City's storm cleanup 'grinds' operations to a halt at Dallas technical college for military vets

As the city of Dallas works to grind up the massive amounts of debris from the May 28 storm, an accredited Dallas technical college says all the dust has caused its HVAC units to break. 

Video from SKY 4 shows the mountain of mulch that’s being brought to an empty lot behind Medisend College of Biomedical Engineering Technology in the Lake Highlands area.
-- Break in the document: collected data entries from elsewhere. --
-- ===== src/Orders/Laws.antt =====
-- The life of an order: which statuses follow which, and the version that guards each change.
use restaurant_pos.Base.{
  ℕ, ◌≡◌, refl, sym, ◌∙◌, ap, inl, inr, Bool, true, false, Option, none, some, List, [], ◌∷◌, ◌==◌,
  ==_iff, some_of, arith, Bool-cases, Option-cases, subst,
}
use restaurant_pos.Base.Text.{Text}
use restaurant_pos.Base.Table.{get}
use restaurant_pos.Base.Result.{Result, Result-cases, ok}
use restaurant_pos.Store.{Store}
use restaurant_pos.Auth.Policy.{User, Role, can, transition_order_status}
use restaurant_pos.Inventory.Types.{Trigger}
use restaurant_pos.Orders.Types.{
  Order, OrderStatus, pending, in_preparation, completed, delivered, cancelled, is_cancelled,
}
use restaurant_pos.Orders.Update.{update_order, load_order, bumped, branch_matches}
use restaurant_pos.Orders.Deduct.{deduction_trigger}
use restaurant_pos.Orders.Transition.{
  front_of_house, transition_order, move_status, check_stock, take_stock, role_status_flow,
}
use restaurant_pos.Orders.Cancel.{mark_cancelled}

-- The steps of a status.
pub data Step : OrderStatus → OrderStatus → Type 0 where
  start : Step pending in_preparation
  finish : Step in_preparation completed
  deliver : Step completed delivered
  cancel : (x : OrderStatus) → is_cancelled x ≡ false → Step x cancelled

-- What a change under the version check did.
pub record Changed (s : Store) (id expected now : ℕ) (mutate : Order → Result Order) (y : Order)
    : Type 0 where
  pub was : Order
  pub draft : Order
  pub found : get s.orders id ≡ some was
  pub version : was.version ≡ expected
  pub drafted : mutate was ≡ ok draft
  pub gives : bumped was.version now draft ≡ y

pub update_order-eq-ok :
    (id expected now : ℕ) (mutate : Order → Result Order) (s : Store) (y : Order)
    → (update_order id expected mutate now s).0 ≡ ok y
    → Changed s id expected now mutate y
unfolding update_order load_order
update_order-eq-ok id expected now mutate s y h = elim (Option-cases (get s.orders id)) [
  | inl e ↦ ground arith
  | inr (x, e) ↦ elim (Bool-cases (x.version == expected)) [
    | inr f ↦ ground arith
    | inl t ↦ elim (Result-cases (mutate x)) [
      | inr (c, f) ↦ ground arith
      | inl (d, g) ↦ record {
        was = x;
        draft = d;
        found = e;
        version = (==_iff x.version expected).0 t;
        drafted = g;
        gives = ground arith;
      }
    ]
  ]
]

front_of_house-Step : (x y : OrderStatus) → front_of_house x y ≡ true → Step x y
front_of_house-Step pending pending h = cc
front_of_house-Step pending in_preparation h = start
front_of_house-Step pending completed h = cc
front_of_house-Step pending delivered h = cc
front_of_house-Step pending cancelled h = cc
front_of_house-Step in_preparation pending h = cc
front_of_house-Step in_preparation in_preparation h = cc
front_of_house-Step in_preparation completed h = finish
front_of_house-Step in_preparation delivered h = cc
front_of_house-Step in_preparation cancelled h = cc
front_of_house-Step completed pending h = cc
front_of_house-Step completed in_preparation h = cc
front_of_house-Step completed completed h = cc
front_of_house-Step completed delivered h = deliver
front_of_house-Step completed cancelled h = cc
front_of_house-Step delivered pending h = cc
front_of_house-Step delivered in_preparation h = cc
front_of_house-Step delivered completed h = cc
front_of_house-Step delivered delivered h = cc
front_of_house-Step delivered cancelled h = cc
front_of_house-Step cancelled pending h = cc
front_of_house-Step cancelled in_preparation h = cc
front_of_house-Step cancelled completed h = cc
front_of_house-Step cancelled delivered h = cc
front_of_house-Step cancelled cancelled h = cc

flow-front :
    (rs : List Role) (x y : OrderStatus)
    → some_of (λ r. role_status_flow r x y) rs ≡ true
    → front_of_house x y ≡ true
unfolding role_status_flow
flow-front [] x y h = cc
flow-front (r ∷ rs) x y h = ground (arith, flow-front rs x y)

module _ (user : User) (now : ℕ) where
  pub move_status-Step :
      (next : OrderStatus) (x d : Order)
      → move_status user next now x ≡ ok d
      → Step x.status d.status × (d.status ≡ next) × (d.items ≡ x.items) × (d.subtotal ≡ x.subtotal)
  unfolding move_status
  move_status-Step next x d h = elim (Bool-cases (branch_matches user x.branch)) [
    | inr f ↦ ground arith
    | inl b ↦ elim (Bool-cases (some_of (λ r. role_status_flow r x.status next) user.roles)) [
      | inr f ↦ ground arith
      | inl t ↦
          let to : d.status ≡ next = ground arith in
          (
            subst (Step x.status) (sym to)
                (front_of_house-Step x.status next (flow-front user.roles x.status next t)),
            to,
            ground arith,
            ground arith,
          )
    ]
  ]

  pub mark_cancelled-Step :
      (by : Option ℕ) (reason : Text) (x d : Order)
      → mark_cancelled user by reason now x ≡ ok d
      → Step x.status d.status × (d.status ≡ cancelled)
  unfolding mark_cancelled
  mark_cancelled-Step by reason x d h = elim (Bool-cases (is_cancelled x.status)) [
    | inl t ↦ ground arith
    | inr f ↦
        let to : d.status ≡ cancelled = ground arith in
        (subst (Step x.status) (sym to) (cancel x.status f), to)
  ]

pub check_stock-store :
    (link : Bool) (id : ℕ) (t : Option Trigger) (s : Store) → (check_stock link id t s).1 ≡ s
unfolding check_stock load_order
check_stock-store link id none s = refl
check_stock-store link id (some t) s = ground arith

pub transition_order-Changed :
    (link : Bool) (user : User) (id expected : ℕ) (next : OrderStatus) (now : ℕ) (s : Store)
    (y : Order)
    → (transition_order link user id expected next now s).0 ≡ ok y
    → Changed s id expected now (move_status user next now) y
unfolding transition_order
transition_order-Changed link user id expected next now s y h =
    let t = deduction_trigger s.stock.trigger_policy next in
    let kept = check_stock-store link id t s in
    elim (Bool-cases (can user transition_order_status)) [
      | inr f ↦ ground arith
      | inl a ↦ elim (Result-cases (check_stock link id t s).0) [
        | inr (c, f) ↦ ground arith
        | inl (_, b) ↦
            elim (Result-cases (update_order id expected (move_status user next now) now s).0) [
              | inr (c, f) ↦ ground arith
              | inl (o, g) ↦
                  let s2 = (update_order id expected (move_status user next now) now s).1 in
                  elim (Result-cases (take_stock link user o t now s2).0) [
                    | inr (c, f) ↦ ground arith
                    | inl (_, e) ↦
                        let same : o ≡ y = ground arith in
                        update_order-eq-ok id expected now _ s y (g ∙ ap ok same)
                  ]
            ]
      ]
    ]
The college is suing the city of Dallas, saying it needed to soak the debris with water as it is turned into mulch to prevent it from clogging its AC units. 

The school has filed a petition for a temporary restraining order to bring the work to a halt. 

Nick Hallack is president and CEO of Medisend College. It trains military veterans on how to install and repair sophisticated medical equipment.

He says the city's efforts to grind up hundreds of thousands of cubic yards of tree branches from the May 28 windstorm caused his school to grind to a halt. 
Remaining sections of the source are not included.